Lasse de contempler les tableaux, je retournai m’asseoir sur le rebord de la fenêtre et m’amusai à regarder les gens qui passaient dans les escaliers, me demandant à nouveau pourquoi les jumelles s’étaient cachées derrière un arbuste comme des voleuses. Elles étaient vraiment très bizarres. Peut-être étaient-elles seulement en train de jouer le rôle de quelques aventurières au milieu d’une forêt remplie d’orcs, comment savoir ?
Je ne sais où mes pensées s’envolèrent, le fait est que lorsque le caïte réapparut, je laissai échapper un grognement appréhensif.

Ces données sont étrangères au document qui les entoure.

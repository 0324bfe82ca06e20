-- ===== src/Net/Server.antt =====
-- pkg/xnet/tcp_server.go and kcp_server.go: the accept loop, the sockets that end and are released,
-- and Close, in any order. A socket is a number, given as it is made; `live` are the sockets whose
-- loops run, `ending` those whose loops are over and which wait to be taken from the map. The mutex
-- `mu` is held across steps by Close alone: addSocket and delSocket are one step each, which waits
-- for `mu`. In both kinds of socket the loops leave the wait group before they release the socket, so
-- that `sock.Close` needs no lock and is one step too.
pub mod Sweep
pub mod Moves
pub mod Invariant
pub mod Progress
pub mod Deadlock
mod Examples
use gotu.Base.{ℕ, suc, ◌+◌, Bool, true, false, not, ◌||◌, List, [], ◌∷◌, ◌==◌, if◌then◌else◌}

pub data Kind : Type 0 where
  tcp kcp : Kind

-- Where `accept` stands: in Accept; past it, with a connection or an error; in the making of a socket,
-- which for KCP waits for the handshake and may fail; at the lock of addSocket; past its end.
pub data AcceptAt : Type 0 where
  accepting got_conn got_error : AcceptAt
  making adding : ℕ → AcceptAt
  finished : AcceptAt

-- Where `Close` stands: not called; with the lock and the sockets still to close; before
-- `close(closeCh)`; before `listener.Close()`; at `wg.Wait()`; past its end.
pub data CloseAt : Type 0 where
  uncalled : CloseAt
  closing : List ℕ → CloseAt
  shutting stopping waiting returned : CloseAt

pub record Server : Type 0 where
  pub sockets : List ℕ
  pub live : List ℕ
  pub ending : List ℕ
  pub next : ℕ
  pub mu : Bool
  pub close_ch : Bool
  pub accept : AcceptAt
  pub closer : CloseAt

abbrev pub new_server : Server
new_server = record {
  sockets = [];
  live = [];
  ending = [];
  next = 0;
  mu = false;
  close_ch = false;
  accept = accepting;
  closer = uncalled;
}

abbrev pub has : ℕ → List ℕ → Bool
has i [] = false
has i (j ∷ js) = (j == i) || has i js

abbrev pub without : ℕ → List ℕ → List ℕ
without i [] = []
without i (j ∷ js) = if j == i then without i js else j ∷ without i js

-- Accept returns; the select on closeCh behind it; the socket is made or (KCP) is not; addSocket; a
-- socket's loops end by themselves; its release; the steps of Close, one after another.
pub data Action : Type 0 where
  accepts refuses check made unmade add : Action
  ends release : ℕ → Action
  close : Action

-- The socket `i` is over, if it was live.
abbrev pub over : ℕ → Server → Server
over i s = if has i s.live then record s { live = without i s.live; ending = i ∷ s.ending } else s

pub on_accept : Server → AcceptAt → Action → Server
on_accept s accepting accepts = record s { accept = got_conn }
on_accept s accepting refuses = record s { accept = got_error }
on_accept s got_conn check =
    if s.close_ch
    then record s { accept = finished }
    else record s { accept = making s.next; live = s.next ∷ s.live; next = suc s.next }
on_accept s got_error check =
    if s.close_ch then record s { accept = finished } else record s { accept = accepting }
on_accept s (making i) made = record s { accept = adding i }
on_accept s (adding i) add =
    if s.mu then s else record s { accept = accepting; sockets = i ∷ without i s.sockets }
on_accept s at action = s

-- `newKCPSocket` fails after the wait for the handshake, and closes its socket; `newTCPSocket` does not.
pub on_unmade : Kind → Server → AcceptAt → Server
on_unmade kcp s (making i) = over i (record s { accept = accepting })
on_unmade kind s at = s

-- The lock with which the body of Close begins covers the loop over the sockets in tcp_server.go, and
-- all of it in kcp_server.go.
abbrev pub keeps : Kind → Bool
keeps tcp = false
keeps kcp = true

pub on_close : Kind → Server → CloseAt → Server
on_close kind s uncalled = if s.mu then s else record s { mu = true; closer = closing s.sockets }
on_close kind s (closing []) = record s { mu = keeps kind; closer = shutting }
on_close kind s (closing (i ∷ is)) = over i (record s { closer = closing is })
on_close kind s shutting = record s { close_ch = true; closer = stopping }
on_close kind s stopping = record s { closer = waiting }
on_close kind s waiting = elim s.accept [
  | finished ↦ record s { mu = false; closer = returned }
  | _ ↦ s
]
on_close kind s returned = s

unfoldable pub step : Kind → Server → Action → Server
unfolding on_accept on_unmade on_close
step kind s unmade = on_unmade kind s s.accept
step kind s (ends i) = over i s
step kind s (release i) =
    if s.mu
    then s
    else if has i s.ending
    then record s { sockets = without i s.sockets; ending = without i s.ending }
    else s
step kind s close = on_close kind s s.closer
step kind s accepts = on_accept s s.accept accepts
step kind s refuses = on_accept s s.accept refuses
step kind s check = on_accept s s.accept check
step kind s made = on_accept s s.accept made
step kind s add = on_accept s s.accept add

unfoldable pub steps : Kind → Server → List Action → Server
unfolding step
steps kind s [] = s
steps kind s (a ∷ actions) = steps kind (step kind s a) actions
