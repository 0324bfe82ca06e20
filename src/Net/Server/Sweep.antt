-- ===== src/Net/Server/Sweep.antt =====
-- The state of tcp_server.go and kcp_server.go that a schedule keeps, and the sets of sockets in it.
use gotu.Base.{
  ℕ, suc, ◌<◌, ◌≡◌, Bool, true, false, not, ◌&&◌, ◌||◌, List, [], ◌∷◌, ◌==◌, All, arith, Bool-cases,
  inl, inr, ==→eq, ==_refl,
}
use gotu.Net.Server.{
  Kind, AcceptAt, making, adding, finished, CloseAt, uncalled, closing, shutting, stopping, waiting,
  returned, Server, has, without, over, keeps,
}

-- Whether Close holds the lock, whether it has closed closeCh, and whether it has returned.
abbrev pub holds : Kind → CloseAt → Bool
holds kind uncalled = false
holds kind (closing is) = true
holds kind shutting = keeps kind
holds kind stopping = keeps kind
holds kind waiting = keeps kind
holds kind returned = false

abbrev pub shut : CloseAt → Bool
shut uncalled = false
shut (closing is) = false
shut shutting = false
shut _ = true

abbrev pub is_returned : CloseAt → Bool
is_returned returned = true
is_returned _ = false

abbrev pub is_finished : AcceptAt → Bool
is_finished finished = true
is_finished _ = false

-- Whether Close may still leave a socket live: before it began any, in its loop those to come, and
-- after the loop those that a TCP server adds behind its back.
abbrev pub may_live : Kind → CloseAt → ℕ → Bool
may_live kind uncalled i = true
may_live kind (closing is) i = has i is
may_live kind _ i = not (keeps kind)

-- The number that `accept` has in hand is one that was given.
abbrev pub IsGiven : ℕ → AcceptAt → Type 0
IsGiven next (making i) = i < next
IsGiven next (adding i) = i < next
IsGiven next _ = Unit {0}

abbrev pub IsSwept : Kind → CloseAt → List ℕ → ℕ → ℕ → Type 0
IsSwept kind at live next i = (i < next) × ((not (has i live) || may_live kind at i) ≡ true)

pub record IsGuarded (kind : Kind) (s : Server) : Type 0 where
  pub lock : s.mu ≡ holds kind s.closer
  pub shutdown : s.close_ch ≡ shut s.closer
  pub joined : (not (is_returned s.closer) || is_finished s.accept) ≡ true
  pub fresh : IsGiven s.next s.accept
  pub swept : All (IsSwept kind s.closer s.live s.next) s.sockets

pub All-map : {P Q : ℕ → Type 0} (xs : List ℕ) → ((i : ℕ) → P i → Q i) → All P xs → All Q xs
All-map [] f a = a
All-map (x ∷ xs) f (p, a) = (f x p, All-map xs f a)

pub All-without : (P : ℕ → Type 0) (i : ℕ) (xs : List ℕ) → All P xs → All P (without i xs)
All-without P i [] a = a
All-without P i (x ∷ xs) (p, a) = elim (Bool-cases (x == i)) [
  | inl e ↦ rw e (All-without P i xs a)
  | inr e ↦ rw e (p, All-without P i xs a)
]

pub has-without : (j i : ℕ) (xs : List ℕ) → has j (without i xs) ≡ (not (i == j) && has j xs)
has-without j i [] = ground arith
has-without j i (x ∷ xs) = ground (arith, has-without j i xs)

module _ (kind : Kind) where
  over-IsSwept :
      (at : CloseAt) (live : List ℕ) (next i j : ℕ)
      → IsSwept kind at live next j
      → IsSwept kind at (without i live) next j
  over-IsSwept at live next i j (less, ok) = (less, rw (has-without j i live) (ground arith))

  pub over-IsGuarded : (i : ℕ) (s : Server) → IsGuarded kind s → IsGuarded kind (over i s)
  over-IsGuarded i s v = elim (Bool-cases (has i s.live)) [
    | inl e ↦ rw e (record {
      lock = v.lock;
      shutdown = v.shutdown;
      joined = v.joined;
      fresh = v.fresh;
      swept = All-map s.sockets (over-IsSwept s.closer s.live s.next i) v.swept;
    })
    | inr e ↦ rw e v
  ]

  -- One socket of Close's loop.
  pub close-IsSwept :
      (i j : ℕ) (is live : List ℕ) (next : ℕ)
      → IsSwept kind (closing (i ∷ is)) live next j
      → IsSwept kind (closing is) (without i live) next j
  close-IsSwept i j is live next (less, ok) = (less, rw (has-without j i live) (ground arith))

  pub skip-IsSwept :
      (i j : ℕ) (is live : List ℕ) (next : ℕ)
      → has i live ≡ false
      → IsSwept kind (closing (i ∷ is)) live next j
      → IsSwept kind (closing is) live next j
  skip-IsSwept i j is live next e (less, ok) = (less, ground (arith, ==→eq i j))

  -- A socket that is made does not stand in the map yet.
  pub made-IsSwept :
      (at : CloseAt) (live : List ℕ) (next j : ℕ)
      → IsSwept kind at live next j
      → IsSwept kind at (next ∷ live) (suc next) j
  made-IsSwept at live next j (less, ok) = (omega (arith, less), ground arith)

  All-has : (P : ℕ → Type 0) (xs : List ℕ) → ((i : ℕ) → has i xs ≡ true → P i) → All P xs
  All-has P [] f = tt
  All-has P (x ∷ xs) f =
      (f x (ground (arith, ==_refl x)), All-has P xs (λ i h. f i (ground (arith, h))))

  below :
      (at : CloseAt) (live : List ℕ) (next i : ℕ) (xs : List ℕ)
      → All (IsSwept kind at live next) xs
      → has i xs ≡ true
      → i < next
  below at live next i [] a h = ground (arith, h)
  below at live next i (x ∷ xs) ((less, ok), a) h =
      ground (arith, ==→eq x i, below at live next i xs a)

  pub started-IsSwept :
      (live : List ℕ) (next : ℕ) (xs : List ℕ)
      → All (IsSwept kind uncalled live next) xs
      → All (IsSwept kind (closing xs) live next) xs
  started-IsSwept live next xs a =
      All-has (IsSwept kind (closing xs) live next) xs
        (λ i h. (below uncalled live next i xs a h, ground (arith, h)))

  pub ended-IsSwept :
      (live : List ℕ) (next j : ℕ)
      → IsSwept kind (closing []) live next j
      → IsSwept kind shutting live next j
  ended-IsSwept live next j (less, ok) = (less, ground arith)
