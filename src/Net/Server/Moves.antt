-- ===== src/Net/Server/Moves.antt =====
-- The steps of tcp_server.go and kcp_server.go, one by one.
use gotu.Base.{
  ℕ, suc, ◌≡◌, refl, sym, ◌∙◌, subst, true, false, List, [], ◌∷◌, if◌then◌else◌, arith, Bool-cases,
  inl, inr, if_both, if_either,
}
use gotu.Net.Server.{
  Kind, kcp, AcceptAt, accepting, got_conn, got_error, making, adding, finished, CloseAt, uncalled,
  closing, shutting, stopping, waiting, returned, Server, has, without, Action, accepts, refuses,
  check, made, add, on_accept, on_unmade, on_close,
}
use gotu.Net.Server.Sweep.{
  holds, is_returned, is_finished, may_live, IsGiven, IsSwept, IsGuarded, All-map, All-without,
  over-IsGuarded, close-IsSwept, skip-IsSwept, made-IsSwept, started-IsSwept, ended-IsSwept,
}

module _ (kind : Kind) where
  wait-IsGuarded :
      (s : Server) (at : AcceptAt)
      → IsGuarded kind (record s { closer = waiting; accept = at })
      → IsGuarded kind (on_close kind (record s { closer = waiting; accept = at }) waiting)
  unfolding on_close
  wait-IsGuarded s finished v = record {
    lock = refl;
    shutdown = v.shutdown;
    joined = refl;
    fresh = tt;
    swept = v.swept;
  }
  wait-IsGuarded s accepting v = v
  wait-IsGuarded s got_conn v = v
  wait-IsGuarded s got_error v = v
  wait-IsGuarded s (making i) v = v
  wait-IsGuarded s (adding i) v = v

  pub on_close-IsGuarded :
      (s : Server) (at : CloseAt)
      → IsGuarded kind (record s { closer = at })
      → IsGuarded kind (on_close kind (record s { closer = at }) at)
  unfolding on_close
  on_close-IsGuarded s uncalled v =
      subst
        (λ b. IsGuarded kind (
          if b
          then record s { closer = uncalled }
          else record s { mu = true; closer = closing s.sockets }))
        (sym v.lock)
        (record {
          lock = refl;
          shutdown = v.shutdown;
          joined = refl;
          fresh = v.fresh;
          swept = started-IsSwept kind s.live s.next s.sockets v.swept;
        })
  on_close-IsGuarded s (closing []) v = record {
    lock = refl;
    shutdown = v.shutdown;
    joined = refl;
    fresh = v.fresh;
    swept = All-map s.sockets (ended-IsSwept kind s.live s.next) v.swept;
  }
  on_close-IsGuarded s (closing (i ∷ is)) v = elim (Bool-cases (has i s.live)) [
    | inl e ↦ rw e (record {
      lock = v.lock;
      shutdown = v.shutdown;
      joined = refl;
      fresh = v.fresh;
      swept = All-map s.sockets (λ j. close-IsSwept kind i j is s.live s.next) v.swept;
    })
    | inr e ↦ rw e (record {
      lock = v.lock;
      shutdown = v.shutdown;
      joined = refl;
      fresh = v.fresh;
      swept = All-map s.sockets (λ j. skip-IsSwept kind i j is s.live s.next e) v.swept;
    })
  ]
  on_close-IsGuarded s shutting v = record {
    lock = v.lock;
    shutdown = refl;
    joined = refl;
    fresh = v.fresh;
    swept = v.swept;
  }
  on_close-IsGuarded s stopping v = record {
    lock = v.lock;
    shutdown = v.shutdown;
    joined = refl;
    fresh = v.fresh;
    swept = v.swept;
  }
  on_close-IsGuarded s waiting v = wait-IsGuarded s s.accept v
  on_close-IsGuarded s returned v = v

  -- The same state with `accept` elsewhere.
  abbrev moved : Server → AcceptAt → Server
  moved s at = record s { accept = at }

  moved-IsGuarded :
      (s : Server) (from to : AcceptAt)
      → is_finished from ≡ false
      → IsGiven s.next to
      → IsGuarded kind (moved s from)
      → IsGuarded kind (moved s to)
  moved-IsGuarded s from to running g v = record {
    lock = v.lock;
    shutdown = v.shutdown;
    joined = ground (arith, v.joined, running);
    fresh = g;
    swept = v.swept;
  }

  -- While the lock is free and Close has not returned, a live socket may stand in the map.
  may_live_lem :
      (at : CloseAt) (i : ℕ)
      → holds kind at ≡ false
      → is_returned at ≡ false
      → may_live kind at i ≡ true
  may_live_lem uncalled i h r = refl
  may_live_lem (closing is) i h r = ground (arith, h)
  may_live_lem shutting i h r = ground (arith, h)
  may_live_lem stopping i h r = ground (arith, h)
  may_live_lem waiting i h r = ground (arith, h)
  may_live_lem returned i h r = ground (arith, r)

  added-IsGuarded :
      (s : Server) (i : ℕ)
      → IsGuarded kind (moved s (adding i))
      → IsGuarded kind (
          if s.mu
          then moved s (adding i)
          else record s { accept = accepting; sockets = i ∷ without i s.sockets })
  added-IsGuarded s i v =
      if_either (IsGuarded kind) s.mu (λ e. v)
        λ e.
          let open_still : is_returned s.closer ≡ false = ground (arith, v.joined) in
          record {
            lock = v.lock;
            shutdown = v.shutdown;
            joined = ground (arith, open_still);
            fresh = tt;
            swept = (
              (v.fresh, ground (arith, may_live_lem s.closer i (sym v.lock ∙ e) open_still)),
              All-without (IsSwept kind s.closer s.live s.next) i s.sockets v.swept,
            );
          }

  made-IsGuarded :
      (s : Server)
      → IsGuarded kind (moved s got_conn)
      → IsGuarded kind
          (record s { accept = making s.next; live = s.next ∷ s.live; next = suc s.next })
  made-IsGuarded s v = record {
    lock = v.lock;
    shutdown = v.shutdown;
    joined = v.joined;
    fresh = omega arith;
    swept = All-map s.sockets (made-IsSwept kind s.closer s.live s.next) v.swept;
  }

  pub on_accept-IsGuarded :
      (s : Server) (at : AcceptAt) (a : Action)
      → IsGuarded kind (moved s at)
      → IsGuarded kind (on_accept (moved s at) at a)
  unfolding on_accept
  on_accept-IsGuarded s accepting accepts v = moved-IsGuarded s accepting got_conn refl tt v
  on_accept-IsGuarded s accepting refuses v = moved-IsGuarded s accepting got_error refl tt v
  on_accept-IsGuarded s got_conn check v =
      if_both (IsGuarded kind) s.close_ch (moved-IsGuarded s got_conn finished refl tt v)
        (made-IsGuarded s v)
  on_accept-IsGuarded s got_error check v =
      if_both (IsGuarded kind) s.close_ch (moved-IsGuarded s got_error finished refl tt v)
        (moved-IsGuarded s got_error accepting refl tt v)
  on_accept-IsGuarded s (making i) made v = moved-IsGuarded s (making i) (adding i) refl v.fresh v
  on_accept-IsGuarded s (adding i) add v = added-IsGuarded s i v
  on_accept-IsGuarded s at a v = v

pub on_unmade-IsGuarded :
    (kind : Kind) (s : Server) (at : AcceptAt)
    → IsGuarded kind (record s { accept = at })
    → IsGuarded kind (on_unmade kind (record s { accept = at }) at)
unfolding on_unmade
on_unmade-IsGuarded kcp s (making i) v =
    over-IsGuarded kcp i (record s { accept = accepting })
      (moved-IsGuarded kcp s (making i) accepting refl tt v)
on_unmade-IsGuarded kind s at v = v

pub release-IsGuarded :
    (kind : Kind) (i : ℕ) (ending : List ℕ) (s : Server)
    → IsGuarded kind s
    → IsGuarded kind (record s { sockets = without i s.sockets; ending = ending })
release-IsGuarded kind i ending s v = record {
  lock = v.lock;
  shutdown = v.shutdown;
  joined = v.joined;
  fresh = v.fresh;
  swept = All-without (IsSwept kind s.closer s.live s.next) i s.sockets v.swept;
}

— Shaedra Ucrinalm —prononça le caïte en me regardant étrangement.
Je me laissai promptement glisser sur le sol.
— C’est moi.
Je le suivis à l’intérieur, jetant un dernier regard à l’humaine, qui m’observait avec des yeux agrandis par la nervosité. Elle semblait être au bord d’une crise de nerfs.
L’amphithéâtre était grand, avec plusieurs centaines de sièges en bois. Au fond, en bas, les membres du conseil étaient assis à une énorme table et, derrière, se trouvait une porte vitrée qui donnait sur une terrasse et sur la mer.
— Par ici —me guida le caïte impatient, en me signalant les escaliers.
Tout en descendant les marches, j’examinai les professeurs du conseil. Ils étaient cinq. Celle du milieu était une elfocane, vêtue d’une tunique rouge, qui se distinguait par sa taille et sa pâleur. À côté d’elle, se tenait un sibilien aux cheveux et aux yeux bleus et à la classique peau grisâtre. Sur sa gauche, se trouvait une elfe noire et, de l’autre côté, un elfe noir à l’aspect différent de ceux que je connaissais. Sur sa droite, un ternian aux cheveux blancs et aux yeux plissés m’observait tranquillement. J’arrivai en bas et je me plaçai devant le conseil, avec une certaine appréhension.
— Bonjour —leur dis-je.
Ils me saluèrent tous avec affabilité, ce qui me tranquillisa considérablement. L’elfocane se racla la gorge.
— Shaedra Ucrinalm Hareldyn, c’est ton nom complet, n’est-ce pas ?
— Oui.
— Ce nom me dit quelque chose. Si je me souviens bien, nous avons déjà deux étudiants portant ce nom dans notre académie, n’est-ce pas ?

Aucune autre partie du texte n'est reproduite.